Thanks on the EQ comments, guys! :D

chrish said:

At this stage we have decided against a tolex covering, opting to go for a painted dark charcoal grey hamertone finish. Driver will be covered by a black metal mesh grille. Have mixed the colours of the chicken head knobs up for interest. Gain - blue, tone - red, presence - white, volume - black. Have some chromed corner protectors, so I hope we get a 'retro cool' look.

That sounds great! :)

I hope you post pics.


chrish said:
I am not sure if it is a 'Marshal' or a 'Fender' sound. I will paste the links below to the schematics I used.

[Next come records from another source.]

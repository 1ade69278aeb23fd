-- ===== src/Cli/After.antt =====
-- What holds after an action: one statement for its success and one for its failure. And actions that
-- leave what is looked at as it is.
use zboot.Base.{
  ◌≡◌, refl, sym, subst, ◌∙◌, Bool, true, false, List, Str, ◌==◌, nat_eq, Result, ok, err,
  if◌then◌else◌,
}
use zboot.Cli.Io.{
  Io, Error, ◌>>=◌, continue, attempt, settle, either_or, lift, guard, raise, exited, pure,
}
use zboot.Cli.Sub
use zboot.Cli.Sub.{Runner, RunOutput}

abbrev pub Holds : {S A : Type 0} → Result Error A × S → (A → S → Type 0) → (S → Type 0) → Type 0
Holds (ok a, t) Q E = Q a t
Holds (err e, t) Q E = E t

pub record After {S A : Type 0} (r : Result Error A × S) (Q : A → S → Type 0) (E : S → Type 0)
    : Type 0 where
  pub holds : Holds r Q E

module _ {S A : Type 0} where
  pub After-intro :
      (r : Result Error A × S) {Q : A → S → Type 0} {E : S → Type 0}
      → ((a : A) (t : S) → r ≡ (ok a, t) → Q a t)
      → ((e : Error) (t : S) → r ≡ (err e, t) → E t)
      → After r Q E
  After-intro (ok a, t) f g = record { holds = f a t refl }
  After-intro (err e, t) f g = record { holds = g e t refl }

  pub After-ok :
      {r : Result Error A × S} {a : A} {t : S} {Q : A → S → Type 0} {E : S → Type 0}
      → r ≡ (ok a, t)
      → After r Q E
      → Q a t
  After-ok {Q} {E} e h = subst (λ r. Holds r Q E) e h.holds

  -- What holds either way holds of the state in the end.
  pub After-always :
      (r : Result Error A × S) {Q : A → S → Type 0} {E : S → Type 0} (P : S → Type 0)
      → After r Q E
      → ((a : A) (t : S) → Q a t → P t)
      → ((t : S) → E t → P t)
      → P r.1
  After-always (ok a, t) P h f g = f a t h.holds
  After-always (err e, t) P h f g = g t h.holds

  pub After-imp :
      (r : Result Error A × S) {Q R : A → S → Type 0} {E F : S → Type 0}
      → After r Q E
      → ((a : A) (t : S) → Q a t → R a t)
      → ((t : S) → E t → F t)
      → After r R F
  After-imp (ok a, t) h f g = record { holds = f a t h.holds }
  After-imp (err e, t) h f g = record { holds = g t h.holds }

  pub After-either :
      (r : Result Error A × S) (n : Io S A) {Q : A → S → Type 0} {E F : S → Type 0}
      → After r Q E
      → ((t : S) → E t → After (n t) Q F)
      → After (either_or r n) Q F
  After-either (ok a, t) n h k = record { holds = h.holds }
  After-either (err e, t) n h k = k t h.holds

  -- An action that cannot fail.
  pub After-total :
      (r : Result Error A × S) {Q : A → S → Type 0}
      → After r Q (λ _. ⊥)
      → (a : A) × (t : S) × (r ≡ (ok a, t)) × Q a t
  After-total (ok a, t) h = (a, t, refl, h.holds)
  After-total (err e, t) h = absurd h.holds

  -- What is attempted does not fail.
  pub After-attempt : (r : Result Error A × S) → After (settle r) (λ _ t. t ≡ r.1) (λ _. ⊥)
  After-attempt (ok a, t) = record { holds = refl }
  After-attempt (err e, t) = record { holds = refl }

  -- The equation of a success is kept.
  pub After-eq :
      (r : Result Error A × S) {Q : A → S → Type 0} {E : S → Type 0}
      → After r Q E
      → After r (λ a t. (r ≡ (ok a, t)) × Q a t) E
  After-eq (ok a, t) h = record { holds = (refl, h.holds) }
  After-eq (err e, t) h = record { holds = h.holds }

  pub After-lift :
      (r : Result Error A) (s : S) {Q : A → S → Type 0} {E : S → Type 0}
      → ((a : A) → r ≡ ok a → Q a s)
      → E s
      → After (lift r s) Q E
  After-lift (ok a) s f e = record { holds = f a refl }
  After-lift (err x) s f e = record { holds = e }

module _ {S A B : Type 0} where
  pub After-continue :
      (r : Result Error A × S) {f : A → Io S B} (M : A → S → Type 0) {Q : B → S → Type 0}
      {E : S → Type 0}
      → After r M E
      → ((a : A) (t : S) → M a t → After (f a t) Q E)
      → After (continue r f) Q E
  After-continue (ok a, t) M h k = k a t h.holds
  After-continue (err e, t) M h k = record { holds = h.holds }

  -- What is asked leaves the state as it is, so the rest starts from it.
  pub After-asks :
      {x : Result Error A × S} (f : A → Io S B) {s : S} {a : A} {Q : B → S → Type 0}
      {E : S → Type 0}
      → x ≡ (ok a, s)
      → After (f a s) Q E
      → After (continue x f) Q E
  After-asks f {Q} {E} e h = subst (λ r. After (continue r f) Q E) (sym e) h

  -- The same for an action that asks and may fail.
  pub After-still :
      (r : Result Error A × S) (f : A → Io S B) {s : S} (M : A → Type 0) {Q : B → S → Type 0}
      {E : S → Type 0}
      → After r (λ a t. (t ≡ s) × M a) E
      → ((a : A) → M a → After (f a s) Q E)
      → After (continue r f) Q E
  After-still (ok a, t) f M {Q} {E} h k =
      subst (λ u. After (f a u) Q E) (sym h.holds.0) (k a h.holds.1)
  After-still (err e, t) f M h k = record { holds = h.holds }

module _ {S V : Type 0} (view : S → V) where
  abbrev pub Keeps : {A : Type 0} → Io S A → Type 0
  Keeps m = (s : S) → view (m s).1 ≡ view s

  Keeps-continue :
      {A B : Type 0} (r : Result Error A × S) (f : A → Io S B)
      → ((a : A) → Keeps (f a))
      → view (continue r f).1 ≡ view r.1
  Keeps-continue (ok a, s) f k = k a s
  Keeps-continue (err e, s) f k = refl

  pub Keeps-bind :
      {A B : Type 0} (m : Io S A) (f : A → Io S B)
      → Keeps m
      → ((a : A) → Keeps (f a))
      → Keeps (m >>= f)
  Keeps-bind m f km kf s = Keeps-continue (m s) f kf ∙ km s

  settle-view : {A : Type 0} (r : Result Error A × S) → view (settle r).1 ≡ view r.1
  settle-view (ok a, s) = refl
  settle-view (err e, s) = refl

  pub Keeps-attempt : {A : Type 0} (m : Io S A) → Keeps m → Keeps (attempt m)
  Keeps-attempt m k s = settle-view (m s) ∙ k s

  pub Keeps-if :
      {A : Type 0} (b : Bool) (m n : Io S A) → Keeps m → Keeps n → Keeps (if b then m else n)
  Keeps-if true m n km kn = km
  Keeps-if false m n km kn = kn

  pub Keeps-guard : (b : Bool) (e : Error) → Keeps (guard {S = S} b e)
  Keeps-guard true e s = refl
  Keeps-guard false e s = refl

  -- A failure and a success alike leave what the action keeps.
  pub After-Keeps :
      {A : Type 0} (m : Io S A) (s : S)
      → Keeps m
      → After (m s) (λ _ t. view t ≡ view s) (λ t. view t ≡ view s)
  After-Keeps m s k = at (m s) (k s)
    where
      at :
          {A : Type 0} (r : Result Error A × S)
          → view r.1 ≡ view s
          → After r (λ _ t. view t ≡ view s) (λ t. view t ≡ view s)
      at (ok a, t) h = record { holds = h }
      at (err e, t) h = record { holds = h }

  module _ (r : Runner S) where
    pub Keeps-capture :
        (prog : Str) (args : List Str) → Keeps (r.run prog args) → Keeps (Sub.capture r prog args)
    unfolding Sub.capture
    Keeps-capture prog args k = Keeps-bind (r.run prog args) _ k (λ out.
        Keeps-if (out.rc == 0) (pure out.stdout) (raise (exited prog args out.rc)) (λ s. refl)
          (λ s. refl))

    pub Keeps-run :
        (prog : Str) (args : List Str) → Keeps (r.run prog args) → Keeps (Sub.run r prog args)
    unfolding Sub.run
    Keeps-run prog args k = Keeps-bind (r.run prog args) _ k (λ out.
        Keeps-if (out.rc == 0) (pure tt) (raise (exited prog args out.rc)) (λ s. refl) (λ s. refl))

    -- What is captured is what the command printed.
    pub capture-After :
        (prog : Str) (args : List Str) (s : S)
        → Keeps (r.run prog args)
        → After
            (Sub.capture r prog args s)
            (λ text t.
              (view t ≡ view s)
              × ((out : RunOutput) × (r.run prog args s ≡ (ok out, t)) × (text ≡ out.stdout)))
            (λ t. view t ≡ view s)
    unfolding Sub.capture
    capture-After prog args s k =
        After-continue _ _ (After-eq _ (After-Keeps (r.run prog args) s k))
          λ out t (e, same). at (out.rc == 0) out t e same
      where
        at :
            (b : Bool) (out : RunOutput) (t : S)
            → r.run prog args s ≡ (ok out, t)
            → view t ≡ view s
            → After
                ((if b then pure out.stdout else raise (exited prog args out.rc)) t)
                (λ text t.
                  (view t ≡ view s)
                  × ((out : RunOutput) × (r.run prog args s ≡ (ok out, t)) × (text ≡ out.stdout)))
                (λ t. view t ≡ view s)
        at true out t e same = record { holds = (same, (out, e, refl)) }
        at false out t e same = record { holds = same }
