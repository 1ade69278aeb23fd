-- ===== src/Boot/Kexec/Handoff.antt =====
-- When the boot program starts a kernel (boot/src/kexec.rs).
use zboot.Base.{◌≡◌, refl, sym, ap, ◌∙◌, Bool, true, Option, List, ℕ, Str, ok, List, [], ◌∷◌}
use zboot.Text.{codes}
use zboot.Core.Types.{BootEnvironment}
use zboot.Cli.Io.{continue_cases, guard-eq-ok, ok_injective, ok-ne-err, guard, attempt, pure}
use zboot.Cli.After.{Keeps, Keeps-attempt, Keeps-bind}
use zboot.Cli.Sub.{Runner}
use zboot.Boot.Kexec.{
  get_args, KexecPlan, Gate, opened, closed, KexecBackend, join_path, persisted, read_zboot_cmdline,
  plan_with_kernel, plan, handoff_plan_with_gate, handoff_with_gate,
}

abbrev pub boot_file : Str → Str → Str
boot_file mount_root name = join_path (join_path mount_root (codes "boot")) name

module _ {S V : Type 0} (backend : KexecBackend S) (r : Runner S) (zfs : Str) (view : S → V) where
  -- The question for the kernel's command line, and the line that is written instead of a start, do not
  -- change what is looked at.
  pub record IsDry : Type 0 where
    pub asks :
        (ds : Str)
        → Keeps view (
            r.run zfs (
              codes "get"
              ∷ codes "-H"
              ∷ codes "-o"
              ∷ codes "value"
              ∷ codes "zboot:kernel-cmdline"
              ∷ ds
              ∷ []))
    pub writes : (p : KexecPlan) → Keeps view (backend.would_kexec p)

  module _ (w : IsDry) where
    handoff_plan_with_gate_done :
        (p : KexecPlan) (gate : Gate) (s t : S)
        → handoff_plan_with_gate backend p gate s ≡ (ok tt, t)
        → (gate ≡ closed) × (view t ≡ view s)
    unfolding handoff_plan_with_gate
    handoff_plan_with_gate_done p closed s t h = (refl, sym (ap (λ x. view x.1) h) ∙ w.writes p s)
    handoff_plan_with_gate_done p opened s t h = continue_cases (backend.load p s) _ h λ _ s1 e1 h1.
        continue_cases (backend.kexecing p.dataset s1) _ h1 λ _ s2 e2 h2.
          continue_cases (backend.exec s2) _ h2 λ _ s3 e3 h3. absurd (ok-ne-err (sym h3))

    read_view : (dataset : Str) → Keeps view (read_zboot_cmdline r zfs dataset)
    unfolding read_zboot_cmdline
    read_view dataset =
        Keeps-bind view (attempt (r.run zfs (get_args dataset))) (λ out. pure (persisted out))
          (Keeps-attempt view (r.run zfs (get_args dataset)) (w.asks dataset)) (λ out s. refl)

    module _ (there : Str → Bool) (hostid_file : Option (List ℕ)) (be : BootEnvironment)
        (mount_root : Str) where
      plan_done :
          (s t : S) (p : KexecPlan)
          → plan r zfs there hostid_file be mount_root s ≡ (ok p, t)
          → (there (boot_file mount_root (codes "vmlinuz")) ≡ true)
            × (there (boot_file mount_root (codes "initrd.img")) ≡ true)
            × (view t ≡ view s)
      unfolding plan plan_with_kernel read_zboot_cmdline
      plan_done s t p h =
          continue_cases (guard (there (boot_file mount_root (codes "vmlinuz"))) _ s) _ h
            λ _ s1 e1 h1.
              continue_cases (guard (there (boot_file mount_root (codes "initrd.img"))) _ s1) _ h1
                λ _ s2 e2 h2.
                  continue_cases (read_zboot_cmdline r zfs be.dataset s2) _ h2 λ persist s3 e3 h3.
                    let (kernel, same1) = guard-eq-ok _ _ s s1 e1 in
                    let (initrd, same2) = guard-eq-ok _ _ s1 s2 e2 in
                    (
                      kernel,
                      initrd,
                      ap view (sym (ok_injective h3).1)
                          ∙ sym (ap (λ x. view x.1) e3)
                          ∙ read_view be.dataset s2
                          ∙ ap view (same2 ∙ same1),
                    )

      -- Where the question for the kernel's command line and the line that is written instead of a start do
      -- not change what is looked at: a handing over that returns with success had its gate closed, found
      -- the kernel and the initrd, and has changed nothing.
      pub handoff_with_gate_done :
          (gate : Gate) (s t : S)
          → handoff_with_gate backend r zfs there hostid_file be mount_root gate s ≡ (ok tt, t)
          → (gate ≡ closed)
            × (there (boot_file mount_root (codes "vmlinuz")) ≡ true)
            × (there (boot_file mount_root (codes "initrd.img")) ≡ true)
            × (view t ≡ view s)
      unfolding handoff_with_gate
      handoff_with_gate_done gate s t h =
          continue_cases (plan r zfs there hostid_file be mount_root s) _ h λ p s1 e1 h1.
            let (kernel, initrd, same) = plan_done s s1 p e1 in
            let (shut, same') = handoff_plan_with_gate_done p gate s1 t h1 in
            (shut, kernel, initrd, same' ∙ same)
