-- ===== src/Boot/Kexec/Hostid.antt =====
-- The host id on the command line (boot/src/kexec.rs): four bytes, read backwards, as eight hexadecimal
-- digits.
use zboot.Base.{ℕ, zero, suc, ◌+◌, ◌-◌, ◌*◌, ltb, List, [], ◌∷◌, Str, if◌then◌else◌}

-- The value of a digit and of a text of digits.
unfoldable pub hex_value : ℕ → ℕ
hex_value c = if ltb c b'a' then c - b'0' else c - b'a' + 10

unfoldable pub from_hex : ℕ → Str → ℕ
unfolding hex_value
from_hex n [] = n
from_hex n (c ∷ s) = from_hex (n * 16 + hex_value c) s

pow16 : ℕ → ℕ
pow16 zero = 1
pow16 (suc k) = 16 * pow16 k

-- The number whose bytes are these, the least one first.
unfoldable pub from_bytes : List ℕ → ℕ
from_bytes [] = 0
from_bytes (b ∷ bytes) = b + 256 * from_bytes bytes
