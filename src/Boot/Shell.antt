-- ===== src/Boot/Shell.antt =====
-- boot/src/shell.rs: the words of a line of the boot shell (`tokenize`), and which boot environment and
-- which kernel an argument means (`resolve_be`, `resolve_pick`). The panic of `default_kernel` is an
-- error here.
pub mod Words
pub mod Pick
pub mod Pools
use zboot.Base.{
  ℕ, Bool, true, false, not, ◌&&◌, Option, none, some, List, [], ◌∷◌, ◌++◌, Str, ◌==◌, nat_eq,
  str_eq, find, is_empty, Result, ok, err, if◌then◌else◌,
}
use zboot.Text.{is_whitespace, split_once}
use zboot.Core.Parse.{parse_u64}
use zboot.Cli.Io.{Error, unterminated, panicked, no_index, no_kernel, not_found}

pub record KernelChoice : Type 0 where
  pub vmlinuz : Str
  pub initrd : Str
  pub is_default : Bool

pub record BootTarget : Type 0 where
  pub idx : ℕ
  pub pool : Str
  pub dataset : Str
  pub name : Str
  pub mount_root : Str
  pub kernels : List KernelChoice
  pub is_active : Bool
  pub readonly : Bool
  pub origin_short : Option Str

-- The variables of `tokenize`.
pub record Tokens : Type 0 where
  pub out : List Str
  pub buf : Str
  pub in_quote : Bool

-- A word is pushed if it is not empty.
abbrev pub push_word : List Str → Str → List Str
push_word out buf = if is_empty buf then out else out ++ buf ∷ []

unfoldable pub token_step : ℕ → Tokens → Tokens
unfolding is_whitespace
token_step c t =
    if c == b'"'
    then record t { in_quote = not t.in_quote }
    else if not t.in_quote && is_whitespace c
    then record { out = push_word t.out t.buf; buf = []; in_quote = false }
    else record t { buf = t.buf ++ c ∷ [] }

unfoldable pub token_loop : Str → Tokens → Tokens
unfolding token_step
token_loop [] t = t
token_loop (c ∷ s) t = token_loop s (token_step c t)

abbrev pub token_end : Tokens → Result Error (List Str)
token_end t = if t.in_quote then err unterminated else ok (push_word t.out t.buf)

abbrev pub no_tokens : Tokens
no_tokens = record { out = []; buf = []; in_quote = false }

unfoldable pub tokenize : Str → Result Error (List Str)
unfolding token_loop
tokenize line = token_end (token_loop line no_tokens)

abbrev pub first_kernel : List KernelChoice → Option KernelChoice
first_kernel [] = none
first_kernel (k ∷ ks) = some k

-- `none` for the panic where there is no kernel.
unfoldable pub default_kernel : BootTarget → Option KernelChoice
unfolding find
default_kernel t = elim (find (λ k. k.is_default) t.kernels) [
  | some k ↦ some k
  | none ↦ first_kernel t.kernels
]

unfoldable pub find_kernel : BootTarget → Str → Option KernelChoice
unfolding find
find_kernel t vmlinuz = find (λ k. k.vmlinuz == vmlinuz) t.kernels

abbrev pub dataset_of : Str → Str
dataset_of arg = elim (split_once b':' arg) [ none ↦ arg | some (d, _) ↦ d ]

unfoldable pub resolve_be : Str → List BootTarget → Result Error BootTarget
unfolding find parse_u64 split_once
resolve_be arg targets = elim (parse_u64 arg) [
  | some n ↦ (elim (find (λ t. t.idx == n) targets) [ some t ↦ ok t | none ↦ err (no_index n) ])
  | none ↦ (elim (find (λ t. t.dataset == dataset_of arg) targets) [
    | some t ↦ ok t
    | none ↦ err (not_found arg)
  ])
]

-- The kernel that the argument names, or the default.
unfoldable pub pick_kernel : Str → BootTarget → Result Error KernelChoice
unfolding find_kernel default_kernel split_once
pick_kernel arg be = elim (split_once b':' arg) [
  | some (_, kn) ↦ (elim (find_kernel be kn) [
    | some k ↦ ok k
    | none ↦ err (no_kernel be.dataset kn)
  ])
  | none ↦ (elim (default_kernel be) [ some k ↦ ok k | none ↦ err panicked ])
]

unfoldable pub resolve_pick : Str → List BootTarget → Result Error (BootTarget × KernelChoice)
unfolding resolve_be pick_kernel
resolve_pick arg targets = elim (resolve_be arg targets) [
  | err e ↦ err e
  | ok be ↦ (elim (pick_kernel arg be) [ err e ↦ err e | ok k ↦ ok (be, k) ])
]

I am guessing about two hours of wiring up will have it to the point where we can plug his guitar in to test.

AX84 lead preamp

AX84 20W PP poweramp

My guess is it'll sound Marshall... too much gain in the pre for a Fender sound.

Cheers!
 
Yes, more Marshall than Fender. The 470pF cap and two .022uF caps in the tone stack will give a more Marshall-like slope to the filters. (Fender uses 250pF, .1uF and .047uF in those places.) The cathode-follower is also a Marshall feature, absent in the blackface Fender preamp.

It'll be cool, I know that!

--
 
chrish said:

I am not sure if it is a 'Marshal' or a 'Fender' sound.


This particular AX84 preamp has a lot of Marshall 'DNA'. The cascaded preamp stages, with a cathode follower driving the tonestack is similar to a "master-volume" Marshall amplifier. You can compare your circuit to typical Fender and Marshall schematics here:
http://www.schematicheaven.com/fenderamps/fender_deluxe_aa763.pdf
http://www.schematicheaven.com/marshallamps/jmp_mastervol_50w_2204u.pdf

An Australian discussion board you may find interesting for its local content:
http://www.guitargear.net.au/discussion/index.php
There is an "In The Shed" area of the forum, where guitar amplifier builders can discuss their projects.
 
Thanks for the interest!

Yes, definitely photos to follow with progress. The chassis is just a standard Hammond. I have primed it with an etch prime (straight from a spray can) and then coated with a burnished aluminium spray (from a can also). I labelled with decals, just like those model aeroplane kits you built as a kid ;) . Decals were made from some decal paper that goes in to your laser printer. It works pretty well. After applying decals I gave a couple of coats of clear. Looks a little nicer than the raw aluminium and does not scratch as easy.